Financing Activities

        On February 10, 2004, we completed the sale of $150.0 million of 8.75% senior subordinated notes, or bonds, due 2012 in a private placement to qualified institutional buyers. The proceeds from the bond issuance were used to repay certain of our then existing debt and provided us with additional funds for our operations. These bonds accrue interest from the date of their issuance, or February 10, 2004, at the rate of 8.75% per year. Interest on the bonds are payable semi-annually in arrears on each February 15 and August 15, which commenced on August 15, 2004. As we were unable to consummate the exchange offer until March 28, 2005, interest on the bonds increased by 0.25% point per year for the first 90-day period immediately following the default and an additional 0.25% point per year with respect to each subsequent 90-day period up to a maximum amount of additional interest of 1% point. As of December 31, 2005, accrued interest related to the bonds amounted to $5.4 million.

        The bonds are unsecured and are subordinated in right of payment to all of our existing and future senior debt, including our guarantee of all borrowings under our primary senior credit facility. The bonds are effectively subordinated to all existing and future liabilities, including trade payables, of those of our subsidiaries that do not guarantee the bonds.

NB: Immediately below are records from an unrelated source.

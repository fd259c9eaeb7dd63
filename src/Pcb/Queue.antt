-- ===== src/Pcb/Queue.antt =====
-- A process queue of pcb.c is a first-in first-out queue: the theorems of the operations by the
-- abstract view, the list of the pcbs from the head to the tail.
use mathlib.Core.List.{reverse-append, reverse-cons}
use mathlib.Core.Path.{subst}
use os_fall_2021_project.Prelude.{
  ℕ, ◌≡◌, true, false, List, [], ◌∷◌, ◌++◌, reverse, arith, has, drop_all, has-append, sym,
  drop_all-reverse, has-reverse,
}
use os_fall_2021_project.Machine.Word.{null}
use os_fall_2021_project.Machine.Outcome.{ok, Returns, Returns-mono}
use os_fall_2021_project.Pcb.{Procs, is_pcb, insert_proc_q, remove_proc_q, out_proc_q, head_proc_q}
use os_fall_2021_project.Pcb.Ring.{IsRing, IsQueue, OnlyLinks}
use os_fall_2021_project.Pcb.Insert.{insert_proc_q-ring}
use os_fall_2021_project.Pcb.Remove.{remove_proc_q-ring, head_proc_q-ring}
use os_fall_2021_project.Pcb.Out.{out_proc_q-ring, out_proc_q-absent}

-- A result, the queue that is left, and the pcbs whose links may have changed.
abbrev pub Left : Procs → ℕ → (left all : List ℕ) → ℕ × ℕ → Procs → Type 0
Left s p left all (q, tp') s' = (q ≡ p) × IsQueue s' tp' left × OnlyLinks all s s'

-- The pcb is behind the others, and it is the tail.
abbrev pub Appended : Procs → ℕ → List ℕ → ℕ → Procs → Type 0
Appended s p q tp' s' = (tp' ≡ p) × IsQueue s' tp' (q ++ p ∷ []) × OnlyLinks (p ∷ q) s s'

-- The same for another list of the members.
pub OnlyLinks-mono :
    (xs ys : List ℕ) {s s' : Procs}
    → ((b : ℕ) → has b ys ≡ false → has b xs ≡ false)
    → OnlyLinks xs s s'
    → OnlyLinks ys s s'
OnlyLinks-mono xs ys sub o = record {
  next_out = λ b m. o.next_out b (sub b m);
  prev_out = λ b m. o.prev_out b (sub b m);
  rest = o.rest;
}

module _ {s : Procs} {tp : ℕ} where
  -- Inserting a pcb that is not in the queue puts it at the end of the queue and makes it the tail.
  pub insert_proc_q-append :
      (q : List ℕ) (p : ℕ)
      → IsQueue s tp q
      → is_pcb p ≡ true
      → has p q ≡ false
      → Returns (Appended s p q) (insert_proc_q tp p s)
  insert_proc_q-append q p r hp out =
      Returns-mono (insert_proc_q-ring (reverse q) p r hp (rw has-reverse out))
        λ tp' s' (e, ring, only). (
          e,
          subst (λ l. IsRing s' tp' l) (sym (reverse-append q (p ∷ []))) ring,
          OnlyLinks-mono (p ∷ reverse q) (p ∷ q) (λ b m. ground (arith, has-reverse b q)) only,
        )

  -- Removing from a queue that is not empty gives its first pcb and leaves the others in order.
  pub remove_proc_q-first :
      (p : ℕ) (q : List ℕ)
      → IsQueue s tp (p ∷ q)
      → Returns (Left s p q (p ∷ q)) (remove_proc_q tp s)
  remove_proc_q-first p q r =
      Returns-mono
        (remove_proc_q-ring (reverse q) p (subst (λ l. IsRing s tp l) (reverse-cons p q) r))
        λ r' s' (e, ring, only). (
          e,
          ring,
          OnlyLinks-mono (reverse q ++ p ∷ []) (p ∷ q)
              (λ b m. ground (arith, has-reverse b q, has-append b (reverse q) (p ∷ []))) only,
        )

  -- Taking a pcb of the queue out gives that pcb and leaves the others in order.
  pub out_proc_q-drop :
      (q : List ℕ) (p : ℕ)
      → IsQueue s tp q
      → has p q ≡ true
      → Returns (Left s p (drop_all p q) q) (out_proc_q tp p s)
  out_proc_q-drop q p r m =
      Returns-mono (out_proc_q-ring (reverse q) p r (rw has-reverse m)) λ r' s' (e, ring, only). (
        e,
        subst (λ l. IsRing s' r'.1 l) (drop_all-reverse p q) ring,
        OnlyLinks-mono (reverse q) q (λ b m. rw has-reverse m) only,
      )

  -- Taking out a pcb that is not in the queue gives `null` and changes nothing.
  pub out_proc_q-none :
      (q : List ℕ) (p : ℕ) → IsQueue s tp q → has p q ≡ false → out_proc_q tp p s ≡ ok (null, tp) s
  out_proc_q-none q p r m = out_proc_q-absent (reverse q) p r (rw has-reverse m)

  -- The head of a queue that is not empty is its first pcb, and nothing changes.
  pub head_proc_q-first : (p : ℕ) (q : List ℕ) → IsQueue s tp (p ∷ q) → head_proc_q tp s ≡ ok p s
  head_proc_q-first p q r =
      head_proc_q-ring (reverse q) p (subst (λ l. IsRing s tp l) (reverse-cons p q) r)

        The bonds are guaranteed by all of our domestic subsidiaries that are guarantors or borrowers under our primary senior credit facility. The guarantees are general unsecured obligations of the guarantors and are subordinated in right of payment to all existing and future senior debt of the applicable guarantors, which includes their guarantees of, and borrowings under our primary senior credit facility.

        In August 2005, we sold 4,000,000 shares of common stock to funds affiliated with 3 accredited institutional investors in a private placement. Net proceeds from the private placement were approximately $92.8 million. Of this amount, we repaid principal and interest outstanding under our senior credit facility of $84.4 million, with the remainder of the net proceeds retained for general corporate purposes. $20.0 million of the repayment was used to permanently reduce the outstanding term loan balance under the senior credit facility.

        On February 8 and 9, 2006, we sold 3,400,000 shares of our common stock at $24.41 per share to funds affiliated with 14 accredited institutional investors in a private placement. Proceeds from the private placement were approximately $79.3 million, net of issuance costs of $3.7 million. Of this amount, we repaid principal and interest outstanding under our senior credit facility of $74.1 million, with the remainder of the net proceeds retained for general corporate purposes.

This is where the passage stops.